-- ===== src/Infra/Console.antt =====
-- infrastructure/src/console.cpp: the line reader of a session, and the commands on their way from
-- the sessions and the DDS channel to the control thread. Sockets, polling and thread creation are
-- left out; what `recv` returns is a list of chunks, which ends where it returns 0 or less.
pub mod Reader
pub mod Jobs
pub mod Threads
pub mod Places
pub mod Steps
pub mod Turns
pub mod Waits
pub mod Server
use dts_framework.Common.{
  ℕ, Bool, true, false, ◌||◌, not, Option, none, some, List, [], ◌∷◌, ◌++◌, ltb, ◌==◌,
  if◌then◌else◌, length, get_or, set, Text, codes, is_nil, to_text,
}

abbrev pub max_line_len : ℕ
max_line_len = 4096

-- The text before the first newline.
unfoldable pub before_newline : Text → Option Text
before_newline [] = none
before_newline (c ∷ cs) =
    let rest = before_newline cs in
    if c == 10 then some [] else elim rest [ none ↦ none | some a ↦ some (c ∷ a) ]

-- How `ReadLine` ends: what it returns, its two results, and what the socket still has.
pub record ReadEnd : Type 0 where
  pub ok : Bool
  pub line : Text
  pub overflow : Bool
  pub left : List Text

-- The end of a round of `ReadLine` at a newline; `text` is the line with the last chunk.
abbrev pub at_newline : Text → Bool → List Text → Text → ReadEnd
at_newline text true cs before = record { ok = false; line = text; overflow = true; left = cs }
at_newline text false cs before = record { ok = true; line = before; overflow = false; left = cs }

abbrev pub read_step : Option Text → ReadEnd → Text → Bool → List Text → ReadEnd
read_step none more text overflow cs = more
read_step (some before) more text overflow cs = at_newline text overflow cs before

unfoldable pub read_from : Text → Bool → List Text → ReadEnd
read_from line overflow [] = record {
  ok = if overflow then false else not (is_nil line);
  line = line;
  overflow = overflow;
  left = [];
}
read_from line overflow (chunk ∷ cs) =
    let text = line ++ chunk in
    let long = ltb max_line_len (length text) in
    let more = read_from (if long then [] else text) (overflow || long) cs in
    read_step (before_newline text) more text overflow cs

unfoldable pub read_line : List Text → ReadEnd
read_line chunks = read_from [] false chunks

pub record Job : Type 0 where
  pub line : Text
  pub resp : Text
  pub done : Bool
  pub dds : Bool

-- The queue holds the numbers of the jobs. `exited` is whether the control thread has left its
-- loop, `published` what went out through the middleware, while there is one.
pub record Control : Type 0 where
  pub jobs : List Job
  pub queue : List ℕ
  pub stop : Bool
  pub exited : Bool
  pub mw_up : Bool
  pub published : List Text

abbrev pub no_job : Job
no_job = record { line = []; resp = []; done = true; dds = false }

abbrev pub job_at : Control → ℕ → Job
job_at m i = get_or m.jobs i no_job

-- `PushJob`
unfoldable pub push_job : Control → Job → Control
push_job m job = record m { jobs = m.jobs ++ job ∷ []; queue = m.queue ++ length m.jobs ∷ [] }

-- What `SessionLoop` makes of a line that `ReadLine` delivered.
unfoldable pub session_job : Control → ReadEnd → Control
unfolding push_job
session_job m r =
    if r.overflow
    then record m {
      jobs =
          m.jobs
          ++ record {
            line = [];
            resp = codes "ERR: line too long (max " ++ (to_text max_line_len ++ codes ")");
            done = true;
            dds = false;
          }
            ∷ [];
    }
    else push_job m (record { line = r.line; resp = []; done = false; dds = false })

-- A round of `SessionLoop` up to the wait: `none` where it leaves the loop.
unfoldable pub session_round : Control → List Text → Option (Control × List Text)
unfolding session_job
session_round m chunks =
    let r = read_line chunks in
    if not r.ok || is_nil r.line then none else some (session_job m r, r.left)

-- `control_submit_dds`: false for the source's -1.
unfoldable pub submit_dds : Control → Option (List ℕ) → Bool × Control
unfolding push_job
submit_dds m none = (false, m)
submit_dds m (some payload) =
    if is_nil payload || ltb max_line_len (length payload) || m.stop
    then (false, m)
    else (true, push_job m (record { line = payload; resp = []; done = false; dds = true }))

-- `PublishCtlResp`
unfoldable pub publish_resp : Control → Text → Text → Control
publish_resp m line out =
    if m.mw_up
    then record m { published = m.published ++ (codes "cmd=" ++ (line ++ 10 ∷ out)) ∷ [] }
    else m

-- The answer of a job that was executed.
unfoldable pub finish : Control → ℕ → List ℕ → Text → Control
unfolding publish_resp
finish m i rest resp =
    let job = job_at m i in
    let m' = record m {
      queue = rest;
      jobs = set m.jobs i (record job { resp = resp; done = true });
    } in
    if job.dds then publish_resp m' job.line resp else m'

-- `control_stop`, up to the end of the thread: the pending jobs are answered and dropped.
unfoldable pub answer_all : List ℕ → List Job → List Job
answer_all [] jobs = jobs
answer_all (i ∷ is) jobs =
    answer_all is
      (set jobs i (record (get_or jobs i no_job) { resp = codes "control stopped"; done = true }))

unfoldable pub control_stop : Control → Control
control_stop m = record m { stop = true; jobs = answer_all m.queue m.jobs; queue = [] }

-- `control_start`: false where the thread was not made.
unfoldable pub control_start : Control → Bool → Bool × Control
control_start m made = (made, record m { stop = false; exited = not made })

module _ {S : Type 0} (exec : Text → Text → S → Text × S) where
  -- A round of `ControlLoop`; a wait that is not over changes nothing, and after its end there is none.
  unfoldable pub round_at : Control → S → List ℕ → Control × S
  round_at m s [] = (record m { exited = m.stop }, s)
  round_at m s (i ∷ rest) =
      let r = exec (job_at m i).line (job_at m i).resp s in (finish m i rest r.0, r.1)

  unfoldable pub control_round : Control → S → Control × S
  control_round m s = if m.exited then (m, s) else round_at m s m.queue

-- A round of `ControlLoop` in two parts: under the lock it takes a job, or leaves after a stop; then,
-- with the lock released, it executes the job and answers it.
unfoldable pub take_at : Control → List ℕ → Option ℕ × Control
take_at m [] = (none, record m { exited = m.stop })
take_at m (i ∷ rest) = (some i, record m { queue = rest })

unfoldable pub take_job : Control → Option ℕ × Control
unfolding take_at
take_job m = if m.exited then (none, m) else take_at m m.queue

unfoldable pub answer_job :
    {S : Type 0} → (Text → Text → S → Text × S) → Control → S → ℕ → Control × S
unfolding finish
answer_job exec m s i =
    let r = exec (job_at m i).line (job_at m i).resp s in (finish m i m.queue r.0, r.1)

────────────────────────────────────────

*Exercise directions*. Set down precisely the lines above between the line holding "read_from line overflow (chunk" and the line holding "unfoldable pub push_job", inclusive, and nothing beyond them.

*Output of the exercise*.
read_from line overflow (chunk ∷ cs) =
    let text = line ++ chunk in
    let long = ltb max_line_len (length text) in
    let more = read_from (if long then [] else text) (overflow || long) cs in
    read_step (before_newline text) more text overflow cs

unfoldable pub read_line : List Text → ReadEnd
read_line chunks = read_from [] false chunks

pub record Job : Type 0 where
  pub line : Text
  pub resp : Text
  pub done : Bool
  pub dds : Bool

-- The queue holds the numbers of the jobs. `exited` is whether the control thread has left its
-- loop, `published` what went out through the middleware, while there is one.
pub record Control : Type 0 where
  pub jobs : List Job
  pub queue : List ℕ
  pub stop : Bool
  pub exited : Bool
  pub mw_up : Bool
  pub published : List Text

abbrev pub no_job : Job
no_job = record { line = []; resp = []; done = true; dds = false }

abbrev pub job_at : Control → ℕ → Job
job_at m i = get_or m.jobs i no_job

-- `PushJob`
unfoldable pub push_job : Control → Job → Control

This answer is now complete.